BIBLE Good Book undergoes teen-zine revision
A new Bible aims at teens who don't read it.
KNIGHT RIDDER NEWSPAPERS
Hey, girls, want a cool beauty secret? How about some dating advice?
The skinny comes from a Good Book that's been repackaged in pink as a peppy girls' magazine.
In teen-zine guise, Revolve: The Complete New Testament dishes up beaming models, a pastel palette, and more uplift than platform sandals.
A first
Revolve (Thomas Nelson, $15) is the first Bible made in a magazine format, said Laurie Whaley, the project's senior editor.
Its tips are wholesome but perky.
On skin care: "As you apply sunscreen, use that time to talk to God. Tell him how grateful you are for how he made you. Soon, you'll be so used to talking to him, it might become as regular and familiar as shrinking your pores."
On dating: If you're going after that cute guy 'cause you think he'll make you popular, that's selfish, and love is not selfish. "Check your priorities, sister. They're way off."
Says who? Says the Bible.
Revolve, Whaley said, is meant to convey "a new spin, a 180 from where the traditional Bible is." Still, considering the success of Christian rock and the blockbuster "Left Behind" books, this latest Christian crossover into pop culture is hardly outlandish.
In fact, it was a market-driven decision to meet girls in their comfort zone, Whaley said by phone from her Nashville office.
Paying off
The gamble seems to be paying off: More than 30,000 copies have been shipped since Revolve's mid-July release, and the Christian Booksellers Association reports it as one of the five top-selling Bibles.
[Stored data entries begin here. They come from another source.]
-- ===== src/Integrations.antt =====
-- internal/integrations: what the hooks of the agents send, as events. The decoding of each struct by
-- encoding/json and the marshalling of the payloads are parameters; a json.RawMessage is its bytes.
use yet_another_memory_bank.Common.{
  ◌>>=◌, ℕ, String, Bool, ◌||◌, Option, none, some, List, if◌then◌else◌, ◌==◌, str_eq, or_text,
  length, delete_where, Outcome, ok,
}
use yet_another_memory_bank.Common.Json.{Value, null, dict}
use yet_another_memory_bank.Codec.{Codec, decoded}

pub record Event : Type 0 where
  pub agent : String
  pub external_session_id : String
  pub cwd : String
  pub kind : String
  pub tool : String
  pub payload_json : List ℕ

-- The structs of the handlers, by their fields.
pub record SessionBody : Type 0 where
  pub session_id : String
  pub cwd : String

pub record ToolBody : Type 0 where
  pub session_id : String
  pub cwd : String
  pub tool_name : String
  pub tool_input : List ℕ
  pub tool_response : List ℕ

pub record TextBody : Type 0 where
  pub session_id : String
  pub cwd : String
  pub message : String

pub record EventBody : Type 0 where
  pub session_id : String
  pub cwd : String
  pub kind : String
  pub tool : String
  pub payload : List ℕ

-- json.Unmarshal into each of the structs, and into map[string]any, where `none` is the nil map;
-- json.Marshal of the payload structs
pub record EventJson : Type 0 where
  pub session : List ℕ → Option SessionBody
  pub pre_tool : List ℕ → Option ToolBody
  pub claude_tool : List ℕ → Option ToolBody
  pub opencode_tool : List ℕ → Option ToolBody
  pub prompt : List ℕ → Option TextBody
  pub chat : List ℕ → Option TextBody
  pub event : List ℕ → Option EventBody
  pub map_of : List ℕ → Option (Option (List (String × Value)))
  pub pre_tool_payload : List ℕ → Option (List ℕ)
  pub tool_payload : List ℕ → List ℕ → Option (List ℕ)
  pub prompt_payload : String → Option (List ℕ)
  pub message_payload : String → Option (List ℕ)

module _ (c : Codec) (j : EventJson) where
  -- `delete` of the four keys
  abbrev pub is_session_key : String × Value → Bool
  is_session_key m =
      str_eq m.0 "session_id"
      || str_eq m.0 "cwd"
      || str_eq m.0 "transcript_path"
      || str_eq m.0 "hook_event_name"

  abbrev pub without_session : Option (List (String × Value)) → Value
  without_session none = null
  without_session (some ms) = dict (delete_where is_session_key ms)

  unfoldable pub payload_without_session : List ℕ → Outcome (List ℕ)
  payload_without_session raw = do
    payload ← decoded (j.map_of raw)
    decoded (c.marshal (without_session payload))

  unfoldable pub normalize_claude_pre_tool : List ℕ → Outcome Event
  normalize_claude_pre_tool raw = do
    in_ ← decoded (j.pre_tool raw)
    payload ← decoded (j.pre_tool_payload in_.tool_input)
    ok (record {
      agent = "claude-code";
      external_session_id = in_.session_id;
      cwd = in_.cwd;
      kind = "pre_tool_use";
      tool = in_.tool_name;
      payload_json = payload;
    })

  -- `NormalizeClaudePostTool` and `NormalizeClaudePostToolFailure` differ in the kind alone.
  unfoldable pub normalize_claude_tool : String → List ℕ → Outcome Event
  normalize_claude_tool kind raw = do
    in_ ← decoded (j.claude_tool raw)
    payload ← decoded (j.tool_payload in_.tool_input in_.tool_response)
    ok (record {
      agent = "claude-code";
      external_session_id = in_.session_id;
      cwd = in_.cwd;
      kind = kind;
      tool = in_.tool_name;
      payload_json = payload;
    })

  unfoldable pub normalize_claude_post_tool : List ℕ → Outcome Event
  unfolding normalize_claude_tool
  normalize_claude_post_tool = normalize_claude_tool "tool_use"

  unfoldable pub normalize_claude_post_tool_failure : List ℕ → Outcome Event
  unfolding normalize_claude_tool
  normalize_claude_post_tool_failure = normalize_claude_tool "tool_error"

  unfoldable pub normalize_claude_user_prompt : List ℕ → Outcome Event
  normalize_claude_user_prompt raw = do
    in_ ← decoded (j.prompt raw)
    payload ← decoded (j.prompt_payload in_.message)
    ok (record {
      agent = "claude-code";
      external_session_id = in_.session_id;
      cwd = in_.cwd;
      kind = "user_message";
      tool = "";
      payload_json = payload;
    })

  unfoldable pub normalize_claude_lifecycle : String → List ℕ → Outcome Event
  unfolding payload_without_session
  normalize_claude_lifecycle kind raw = do
    base ← decoded (j.session raw)
    payload ← payload_without_session raw
    ok (record {
      agent = "claude-code";
      external_session_id = base.session_id;
      cwd = base.cwd;
      kind = kind;
      tool = "";
      payload_json = payload;
    })

  unfoldable pub normalize_opencode_tool : List ℕ → Outcome Event
  normalize_opencode_tool raw = do
    in_ ← decoded (j.opencode_tool raw)
    payload ← decoded (j.tool_payload in_.tool_input in_.tool_response)
    ok (record {
      agent = "opencode";
      external_session_id = in_.session_id;
      cwd = in_.cwd;
      kind = "tool_use";
      tool = in_.tool_name;
      payload_json = payload;
    })

  unfoldable pub normalize_opencode_event : List ℕ → Outcome Event
  unfolding payload_without_session
  normalize_opencode_event raw = do
    in_ ← decoded (j.event raw)
    payload ← if length in_.payload == 0 then payload_without_session raw else ok in_.payload
    ok (record {
      agent = "opencode";
      external_session_id = in_.session_id;
      cwd = in_.cwd;
      kind = or_text in_.kind "opencode_event";
      tool = in_.tool;
      payload_json = payload;
    })

  unfoldable pub normalize_opencode_chat : List ℕ → Outcome Event
  normalize_opencode_chat raw = do
    in_ ← decoded (j.chat raw)
    payload ← decoded (j.message_payload in_.message)
    ok (record {
      agent = "opencode";
      external_session_id = in_.session_id;
      cwd = in_.cwd;
      kind = "user_message";
      tool = "";
      payload_json = payload;
    })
The Scripture verses unfurl, sedate and unadulterated, across Revolve's 390 pages, but the cover trumpets the added features. Like billboards along The Way, there are "Bible Bios" of women in Scripture and quizzes for lovelorn readers ("Are you dating a godly guy?").
There are tips on finding "inner beauty" and activity calendars (Sept. 17: "Sit with someone you don't know very well today at lunch"; Sept. 18: "Cook dinner tonight and give your parents a rest -- tell them how grateful you are for all they do.").
And, knowing its audience, Revolve dishes up lots of talk about and from boys.
Revolve's fresh-faced models, and its advice that guys prefer girls who are "sensible" and "natural," may be a tonic to youngsters accustomed to high glamour and low self-esteem.
Messages underneath
There are limits to its girl power, however. Beneath the packaging, Revolve bears conservative Christian messages that would make old St. Paul smile.
Among its declarations: "Revolve girls don't call guys," and "Revolve girls are not argumentative."
One entry in an advice column called Blab says, "God made guys to be the leaders. That means they lead in relationships. They tell "you they like you" first, not vice versa.
Elsewhere, it says homosexuality "is clearly sinful," premarital sexual abstinence "is commanded by God and is a liberating lifestyle choice," and "dating a nonbeliever is like playing with fire."
Although reader feedback has been overwhelmingly positive, Whaley said, "we've had a lot of questions" about the don't-call-boys advice. "I don't know if you'll see it in the second edition."
Other niches
Christian publishers already offer specialized Bibles for many demographic niches, and Revolve is hardly the first youth Bible to promise the Coolest Story Ever Told. In fact, its publisher, the venerable Thomas Nelson Inc., produced a hardcover Extreme Teen Bible in 1999 that had pop-culture packaging and side lessons much like Revolve's.
Extreme sold more than one million copies. But Whaley said follow-up market surveys showed that parents must have done most of the buying.
"We asked how often teens actually read the Bible, and the results were, 'We don't.' As a whole, even Christian kids were telling us, 'The Bible is freaky and we don't read it.'"
When they were asked what they did read, Whaley said, the response was resounding: "Magazines, magazines, magazines, magazines. Seventeen, Teen People, Cosmo, Self. Even with Christian kids."
In the works
Thomas Nelson's teen division, Transit, had been planning a Bible for girls ages 12 to 18 because "girls read more than guys," Whaley said. The new magazine-friendly findings, she said, caused the plan to "morph" into the magazine project.
The concept was to present the Bible as a survival guide that, as Revolve's intro says, was "written by and about dreamers and risk-takers," and "is 100 percent accurate and reliable." To help make it reader-friendly, it incorporates as its Bible text Thomas Nelson's copyrighted New Century Version, which Whaley said was written at a fifth-grade level.
Amy McPeak, 17, a high school senior in the suburbs of Nashville, was among the teens recruited to weigh in on the magazine manuscript. She gave it a thumbs-up as "easier to read and really relevant to things I go through."
Also, she said, "One time I went to [the] pool with it, and my friends said it was so cool. We went through the quizzes together."
She said the publisher was starting a second printing of about 50,000 copies. Meanwhile, plans are under way to release a companion boy-mag Bible next year, featuring chat on fashion and dating -- and cars and sports.